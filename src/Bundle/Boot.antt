-- ===== src/Bundle/Boot.antt =====
-- reference/shen-gc/zincvm.c: `init_globals` and `vm_load_bundle`, which fill both tables before the
-- machine runs and freeze the defun table.
--
-- `prims` is `prim_names`. What is printed is left out.
use fx_ui.Base.{ℕ, Bool, true, false, ◌&&◌, List, [], ◌∷◌, ◌==◌, if◌then◌else◌}
use fx_ui.Base.Bytes.{Bytes, codes}
use fx_ui.Value.{Value}
use fx_ui.Parse.Reader.{skip_ws}
use fx_ui.Table
use fx_ui.Table.ValuesTable.{ValuesTable, value_set}
use fx_ui.Table.DefunTable.{DefunTable, defun_set, defun_has}
use fx_ui.Table.Freeze.{Frozen, defun_freeze}
use fx_ui.Bundle.{Loaded, parse_bundle}

-- The `FILE *` of the three standard streams.
pub record StdFiles : Type 0 where
  pub stdin : ℕ
  pub stdout : ℕ
  pub stderr : ℕ

-- `exited` is an `exit(1)` for want of room or the `abort` of the freeze; `unended` stands for a loop
-- that goes on past the rounds it is given.
pub data Booted : Type 0 where
  booted : ℕ → DefunTable → ValuesTable → Booted
  exited : Booted
  faulted : Booted
  unended : Booted

abbrev pub and_defuns :
    Table.DefunTable.Stored → (DefunTable → Table.DefunTable.Stored) → Table.DefunTable.Stored
and_defuns (Table.DefunTable.Stored.stored t) more = more t
and_defuns Table.DefunTable.Stored.overflow_full more = Table.DefunTable.Stored.overflow_full

unfoldable pub init_globals : List Bytes → DefunTable → Table.DefunTable.Stored
init_globals [] t = Table.DefunTable.Stored.stored t
init_globals (p ∷ ps) t = and_defuns (defun_set p (Value.prim p) t) (init_globals ps)

abbrev pub keywords : List Bytes
keywords =
    codes "number"
    ∷ codes "symbol"
    ∷ codes "string"
    ∷ codes "boolean"
    ∷ codes "cons"
    ∷ codes "lambda"
    ∷ codes "function"
    ∷ codes "error"
    ∷ codes "absvector"
    ∷ codes "stream in"
    ∷ codes "stream out"
    ∷ codes "let"
    ∷ codes "if"
    ∷ codes "lookup"
    ∷ codes "freeze"
    ∷ codes "type"
    ∷ codes "defun"
    ∷ codes "define"
    ∷ codes "cond"
    ∷ codes "and"
    ∷ codes "or"
    ∷ codes "do"
    ∷ codes "fn"
    ∷ codes "list"
    ∷ codes "where"
    ∷ []

-- A keyword gets its symbol where the table has nothing for it.
unfoldable pub add_keywords : List Bytes → DefunTable → Table.DefunTable.Stored
add_keywords [] t = Table.DefunTable.Stored.stored t
add_keywords (k ∷ ks) t =
    let rest = add_keywords ks t in
    if defun_has k t then rest else and_defuns (defun_set k (Value.symbol k) t) (add_keywords ks)

-- `pn = val_cons(val_symbol(prim_names[i]), pn)`
unfoldable pub prim_list : List Bytes → Value → Value
prim_list [] pn = pn
prim_list (p ∷ ps) pn = prim_list ps (Value.cons (Value.symbol p) pn)

abbrev pub initial_values : StdFiles → List Bytes → List (Bytes × Value)
initial_values io prims =
    (codes "*stinput*", Value.stream io.stdin true false)
    ∷ (codes "*stoutput*", Value.stream io.stdout false false)
    ∷ (codes "*sterror*", Value.stream io.stderr false false)
    ∷ (codes "global-table", Value.nil)
    ∷ (codes "value-table", Value.nil)
    ∷ (codes "primitive?-names", prim_list prims Value.nil)
    ∷ []

abbrev pub and_values :
    Table.ValuesTable.Stored → (ValuesTable → Table.ValuesTable.Stored) → Table.ValuesTable.Stored
and_values (Table.ValuesTable.Stored.stored v) more = more v
and_values Table.ValuesTable.Stored.table_full more = Table.ValuesTable.Stored.table_full
and_values Table.ValuesTable.Stored.spins more = Table.ValuesTable.Stored.spins

unfoldable pub set_values : List (Bytes × Value) → ValuesTable → Table.ValuesTable.Stored
set_values [] v = Table.ValuesTable.Stored.stored v
set_values ((name, x) ∷ rest) v = and_values (value_set name x v) (set_values rest)

abbrev pub is_bundle : Bytes → Bool
is_bundle (a ∷ b ∷ cs) = a == b'(' && b == b'('
is_bundle _ = false

abbrev pub after_freeze : ℕ → ValuesTable → Frozen → Booted
after_freeze n v (Frozen.frozen t) = Booted.booted n t v
after_freeze n v Frozen.aborted = Booted.exited
after_freeze n v Frozen.unbuilt = Booted.unended

module _ (io : StdFiles) (prims : List Bytes) (rounds : ℕ) where
  abbrev pub after_values : ℕ → DefunTable → Table.ValuesTable.Stored → Booted
  after_values n t (Table.ValuesTable.Stored.stored v) = after_freeze n v (defun_freeze rounds t)
  after_values n t Table.ValuesTable.Stored.table_full = Booted.exited
  after_values n t Table.ValuesTable.Stored.spins = Booted.unended

  abbrev pub after_keywords : ℕ → ValuesTable → Table.DefunTable.Stored → Booted
  after_keywords n v (Table.DefunTable.Stored.stored t) =
      after_values n t (set_values (initial_values io prims) v)
  after_keywords n v Table.DefunTable.Stored.overflow_full = Booted.exited

  abbrev pub after_parse : ValuesTable → Loaded → Booted
  after_parse v (Loaded.loaded n t) = after_keywords n v (add_keywords keywords t)
  after_parse v Loaded.overflow_full = Booted.exited
  after_parse v Loaded.faulted = Booted.faulted
  after_parse v Loaded.starved = Booted.unended

  unfoldable pub vm_load_bundle : Bytes → DefunTable → ValuesTable → Booted
  vm_load_bundle buf t v =
      if is_bundle (skip_ws buf)
      then after_parse v (parse_bundle (skip_ws buf) t)
      else Booted.booted 0 t v
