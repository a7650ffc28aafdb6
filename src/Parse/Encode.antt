-- ===== src/Parse/Encode.antt =====
-- The csexp text of code, as the compiler writes it (elm-compiler/src/Zinc/Csexp.elm): an atom is
-- `[length:type]` and its bytes, an instruction its opcode and its operand, a closure body a list.
-- `sep` stands between the elements; the compiler writes one space.
use fx_ui.Base.{
  ℕ, zero, suc, ◌+◌, ◌/◌, ◌%◌, ◌^◌, ◌<◌, ◌≡◌, ◌≢◌, Bool, true, false, [], ◌∷◌, ◌++◌, ltb,
  if◌then◌else◌, length, All,
}
use fx_ui.Base.Bytes.{Bytes, codes}
use fx_ui.Base.Int.{ℤ, pos, negsuc}
use fx_ui.Parse.Reader.{fits_long}
use fx_ui.Value.{Value, Instr, Code, Opcode, no_operand, instr, stop, step}
use fx_ui.Value.Opcodes.{opcode_to_char}

-- The decimal digits of `n`, for `n < f`.
unfoldable pub digits : ℕ → ℕ → Bytes
digits zero n = []
digits (suc f) n =
    let more = digits f (n / 10) ++ (b'0' + n % 10) ∷ [] in
    if ltb n 10 then (b'0' + n) ∷ [] else more

unfoldable pub decimal : ℕ → Bytes
decimal n = digits (n + 1) n

unfoldable pub decimal_ℤ : ℤ → Bytes
decimal_ℤ (pos n) = decimal n
decimal_ℤ (negsuc n) = b'-' ∷ decimal (n + 1)

-- The text of an atom, and after it `rest`.
unfoldable pub encode_atom : ℕ → Bytes → Bytes → Bytes
encode_atom type payload rest =
    b'[' ∷ (decimal (length payload) ++ b':' ∷ type ∷ b']' ∷ (payload ++ rest))

abbrev pub bool_text : Bool → Bytes
bool_text true = codes "true"
bool_text false = codes "false"

unfoldable pub encode_value : Value → Bytes → Bytes
encode_value (Value.number z) rest = encode_atom b'n' (decimal_ℤ z) rest
encode_value (Value.string s) rest = encode_atom b'S' s rest
encode_value (Value.symbol s) rest = encode_atom b's' s rest
encode_value (Value.boolean b) rest = encode_atom b'b' (bool_text b) rest
encode_value v rest = rest

-- What an opcode is written with.
pub data Operand : Type 0 where
  nothing atom body no_opcode : Operand

abbrev pub operand_of : Opcode → Operand
operand_of Opcode.access = Operand.atom
operand_of Opcode.global = Operand.atom
operand_of Opcode.jmpf = Operand.atom
operand_of Opcode.jmp = Operand.atom
operand_of Opcode.num_op = Operand.atom
operand_of Opcode.str_op = Operand.atom
operand_of Opcode.sym_op = Operand.atom
operand_of Opcode.bool_op = Operand.atom
operand_of Opcode.prim_op = Operand.atom
operand_of Opcode.cur = Operand.body
operand_of Opcode.unknown = Operand.no_opcode
operand_of _ = Operand.nothing

abbrev pub with_operand : Bytes → Operand → Bytes → Bytes → Bytes → Bytes
with_operand sep Operand.nothing value code rest = rest
with_operand sep Operand.atom value code rest = sep ++ value
with_operand sep Operand.body value code rest = sep ++ b'(' ∷ code
with_operand sep Operand.no_opcode value code rest = rest

unfoldable mutual
  pub encode_instr : Bytes → Instr → Bytes → Bytes
  encode_instr sep (instr op v c t) rest =
      opcode_to_char op
      ∷ with_operand sep (operand_of op) (encode_value v rest)
          (encode_code sep c (sep ++ b')' ∷ rest)) rest

  pub encode_code : Bytes → Code → Bytes → Bytes
  encode_code sep stop rest = rest
  encode_code sep (step i c) rest = sep ++ encode_instr sep i (encode_code sep c rest)

unfoldable pub encode_list : Bytes → Code → Bytes
encode_list sep c = sep ++ b'(' ∷ encode_code sep c (sep ++ b')' ∷ [])

-- The length of an atom is written and read as an `int`, and its number as a `long`.
abbrev pub Fits : Bytes → Type 0
Fits s = length s < 2 ^ 31

abbrev pub IsAtom : Value → Type 0
IsAtom (Value.number z) = Fits (decimal_ℤ z) × (fits_long z ≡ true)
IsAtom (Value.string s) = Fits s
IsAtom (Value.symbol s) = Fits s × All (λ c. c ≢ 0) s
IsAtom (Value.boolean b) = Unit
IsAtom _ = ⊥

-- What is not written is as the parser leaves it.
abbrev pub OperandFits : Operand → Value → Code → Type 0 → Type 0
OperandFits Operand.nothing v c inner = (v ≡ no_operand) × (c ≡ stop)
OperandFits Operand.atom v c inner = IsAtom v × (c ≡ stop)
OperandFits Operand.body v c inner = (v ≡ no_operand) × inner
OperandFits Operand.no_opcode v c inner = ⊥

abbrev mutual
  pub InstrFits : Instr → Type 0
  InstrFits (instr op v c t) = OperandFits (operand_of op) v c (CodeFits c) × (t ≡ pos 0)

  pub CodeFits : Code → Type 0
  CodeFits stop = Unit
  CodeFits (step i c) = InstrFits i × CodeFits c
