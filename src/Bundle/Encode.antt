-- ===== src/Bundle/Encode.antt =====
-- The text of a bundle, as the compiler writes it (elm-compiler/src/Zinc/Csexp.elm, `bundleEntry`):
-- a list of entries, each the atom of a name and the code of a `cur` with the body.
use fx_ui.Base.{◌≢◌, List, [], ◌∷◌, ◌++◌, All, if◌then◌else◌, Option, some}
use fx_ui.Base.Int.{pos}
use fx_ui.Base.Bytes.{Bytes, byte_eq}
use fx_ui.Value.{Value, Code, Opcode, no_operand, instr, stop, step}
use fx_ui.Parse.Encode.{encode_value, encode_code, Fits, CodeFits}
use fx_ui.Table.DefunTable.{DefunTable, set_bootstrap}
use fx_ui.Bundle.{entry_closure}

abbrev pub Entry : Type 0
Entry = Bytes × Code

-- The wrapper of a body.
abbrev pub cur_of : Code → Code
cur_of body = step (instr Opcode.cur no_operand body (pos 0)) stop

-- The code of an entry and its end, and after them `rest`.
abbrev pub encode_body : Bytes → Code → Bytes → Bytes
encode_body sep body rest =
    sep ++ b'(' ∷ encode_code sep (cur_of body) (sep ++ b')' ∷ (sep ++ b')' ∷ rest))

unfoldable pub encode_entries : Bytes → List Entry → Bytes
encode_entries sep [] = sep ++ b')' ∷ []
encode_entries sep ((name, body) ∷ es) =
    sep
    ++ b'('
      ∷ (sep ++ encode_value (Value.symbol name) (encode_body sep body (encode_entries sep es)))

unfoldable pub encode_bundle : Bytes → List Entry → Bytes
encode_bundle sep es = sep ++ b'(' ∷ encode_entries sep es

abbrev pub EntryFits : Entry → Type 0
EntryFits (name, body) = (Fits name × All (λ c. c ≢ 0) name) × CodeFits body

-- The value that the entries leave under the name `m`, where `o` stood before.
unfoldable pub latest : Bytes → List Entry → Option Value → Option Value
latest m [] o = o
latest m ((name, body) ∷ es) o =
    latest m es (if byte_eq name m then some (entry_closure body) else o)

-- The table with the entries set one after the other.
unfoldable pub set_entries : List Entry → DefunTable → DefunTable
set_entries [] t = t
set_entries ((name, body) ∷ es) t = set_entries es (set_bootstrap name (entry_closure body) t)
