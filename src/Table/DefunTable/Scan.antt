-- ===== src/Table/DefunTable/Scan.antt =====
-- reference/shen-gc/zincvm.c: the scans of the bootstrap list and of the overflow tail.
use fx_ui.Base.{
  ℕ, zero, suc, ◌+◌, ◌≤◌, ◌<◌, ◌≡◌, ◌⊎◌, inl, inr, refl, sym, true, none, some, List, [], ◌∷◌,
  arith, if◌then◌else◌, length, set, get_or-set_self, get_or-set_ne, Bool-cases,
}
use native.Mathlib.Decide.{ℕ_discrete}
use fx_ui.Base.Bytes.{Bytes, byte_eq, byte_eq_refl, byte_eq→eq}
use fx_ui.Value.{Value}
use fx_ui.Table.Entry.{Slot, slot_at, named}
use fx_ui.Table.DefunTable.{boot_find, boot_set, find_named, is_free, find_free}

-- A binding of the bootstrap list is read back, and hides no other name.
pub boot_find-boot_set :
    (n m : Bytes) (v : Value) (ks : List (Bytes × Value))
    → boot_find m (boot_set n v ks) ≡ (if byte_eq n m then some v else boot_find m ks)
unfolding boot_find boot_set
boot_find-boot_set n m v [] = refl
boot_find-boot_set n m v ((k, w) ∷ ks) = elim (Bool-cases (byte_eq k n)) [
  | inl e ↦ rw (e, byte_eq→eq k n e) (ground arith)
  | inr e ↦ elim (Bool-cases (byte_eq k m)) [
    | inr f ↦ rw (e, f) (boot_find-boot_set n m v ks)
    | inl f ↦
        rw (e, f)
          (elim (Bool-cases (byte_eq n m)) [
            | inr g ↦ rw g
            | inl g ↦
                let km = byte_eq→eq k m f in
                let nm = byte_eq→eq n m g in absurd (cc (rw (km, ← nm, byte_eq_refl) at e))
          ])
  ]
]

-- The scan for a name depends on its tests alone.
pub find_named_cong :
    (n : ℕ) (ts us : List Slot) (i : ℕ) (m : Bytes)
    → ((j : ℕ) → named m (slot_at us j) ≡ named m (slot_at ts j))
    → find_named n us i m ≡ find_named n ts i m
unfolding find_named
find_named_cong zero ts us i m h = refl
find_named_cong (suc n) ts us i m h = rw (h i, find_named_cong n ts us (i + 1) m h)

pub find_named-named :
    (n : ℕ) (ts : List Slot) (i : ℕ) (m : Bytes) {r : ℕ}
    → find_named n ts i m ≡ some r
    → (named m (slot_at ts r) ≡ true) × (i ≤ r) × (r < i + n)
unfolding find_named
find_named-named zero ts i m h = cc
find_named-named (suc n) ts i m h = elim (Bool-cases (named m (slot_at ts i))) [
  | inl e ↦ ground arith
  | inr e ↦
      let (a, b, c) = find_named-named n ts (i + 1) m (rw e at h) in (a, omega arith, omega arith)
]

pub find_free-is_free :
    (n : ℕ) (ts : List Slot) (i : ℕ) {r : ℕ}
    → find_free n ts i ≡ some r
    → (is_free (slot_at ts r) ≡ true) × (i ≤ r) × (r < i + n)
unfolding find_free
find_free-is_free zero ts i h = cc
find_free-is_free (suc n) ts i h = elim (Bool-cases (is_free (slot_at ts i))) [
  | inl e ↦ ground arith
  | inr e ↦
      let (a, b, c) = find_free-is_free n ts (i + 1) (rw e at h) in (a, omega arith, omega arith)
]

-- A slot written under the name is found, if no slot before it has the name.
pub find_named-set :
    (n : ℕ) (ts : List Slot) (i r : ℕ) (m : Bytes) (v : Value)
    → i ≤ r
    → r < i + n
    → r < length ts
    → (find_named n ts i m ≡ some r) ⊎ (find_named n ts i m ≡ none)
    → find_named n (set ts r (some (m, v))) i m ≡ some r
unfolding find_named
find_named-set zero ts i r m v a b c h = absurd (omega arith)
find_named-set (suc n) ts i r m v a b c h = elim (ℕ_discrete i r) [
  | yes p ↦ rw (p, get_or-set_self ts r (some (m, v)) none c, byte_eq_refl m)
  | no p ↦ elim (Bool-cases (named m (slot_at ts i))) [
    | inl e ↦ absurd (p (elim (rw e at h) [ inl q ↦ ground arith | inr q ↦ cc ]))
    | inr e ↦
        rw (get_or-set_ne ts r i (some (m, v)) none (λ q. p (sym q)), e)
          (find_named-set n ts (i + 1) r m v (ground arith) (omega arith) c (rw e at h))
  ]
]
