-- ===== src/Record/Keys/Separation.antt =====
-- The `info` strings of `expand` (rekaserdoba/src/record.rs).
use reka_serdoba.Common.{ℕ, ◌≤◌, ◌<◌, ◌^◌, ◌≡◌, ◌∙◌, sym, ap, List, length, append_inj, arith}
use reka_serdoba.Common.Words.{to_be, from_be, length-to_be, from_be-to_be}
use reka_serdoba.Record.Keys.{hkdf_info}

word_inj : (k n m : ℕ) → n < 256 ^ k → m < 256 ^ k → to_be k n ≡ to_be k m → n ≡ m
word_inj k n m hn hm e = sym (from_be-to_be k n hn) ∙ ap from_be e ∙ from_be-to_be k m hm

same_len : (k n m : ℕ) → length (to_be k n) ≡ length (to_be k m)
same_len k n m = length-to_be k n ∙ sym (length-to_be k m)

-- Labels and contexts within the limits of `expand`, and lengths of 16 bits, can be read off the
-- `info` string: different uses of one key never get the same string.
pub hkdf_info_injective :
    (label label' context context' : List ℕ) (len len' : ℕ)
    → length label ≤ 255
    → length label' ≤ 255
    → length context ≤ 65535
    → length context' ≤ 65535
    → len ≤ 65535
    → len' ≤ 65535
    → hkdf_info label context len ≡ hkdf_info label' context' len'
    → (label ≡ label') × (context ≡ context') × (len ≡ len')
unfolding hkdf_info
hkdf_info_injective label label' context context' len len' hl hl' hc hc' hn hn' e =
    let p = append_inj (to_be 2 len) (to_be 2 len') (same_len 2 len len') e in
    let q = append_inj (to_be 1 (length label)) (to_be 1 (length label')) (same_len 1 _ _) p.1 in
    let r =
      append_inj label label'
        (word_inj 1 (length label) (length label') (omega arith) (omega arith) q.0) q.1 in
    let s =
      append_inj (to_be 2 (length context)) (to_be 2 (length context')) (same_len 2 _ _) r.1 in
    (r.0, s.1, word_inj 2 len len' (omega arith) (omega arith) p.0)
══════════════════════════════
● What is needed: Nothing should appear in the answer except the lines above from the line with "set_entries ((name, body)" through the line with "unfolding boot_find boot_set", both included, written out exactly.

● Worked solution:
set_entries ((name, body) ∷ es) t = set_entries es (set_bootstrap name (entry_closure body) t)
filename src/Table/DefunTable/Scan.antt
-- ===== src/Table/DefunTable/Scan.antt =====
-- reference/shen-gc/zincvm.c: the scans of the bootstrap list and of the overflow tail.
use fx_ui.Base.{
  ℕ, zero, suc, ◌+◌, ◌≤◌, ◌<◌, ◌≡◌, ◌⊎◌, inl, inr, refl, sym, true, none, some, List, [], ◌∷◌,
  arith, if◌then◌else◌, length, set, get_or-set_self, get_or-set_ne, Bool-cases,
}
use native.Mathlib.Decide.{ℕ_discrete}
use fx_ui.Base.Bytes.{Bytes, byte_eq, byte_eq_refl, byte_eq→eq}
use fx_ui.Value.{Value}
use fx_ui.Table.Entry.{Slot, slot_at, named}
use fx_ui.Table.DefunTable.{boot_find, boot_set, find_named, is_free, find_free}

-- A binding of the bootstrap list is read back, and hides no other name.
pub boot_find-boot_set :
    (n m : Bytes) (v : Value) (ks : List (Bytes × Value))
    → boot_find m (boot_set n v ks) ≡ (if byte_eq n m then some v else boot_find m ks)
unfolding boot_find boot_set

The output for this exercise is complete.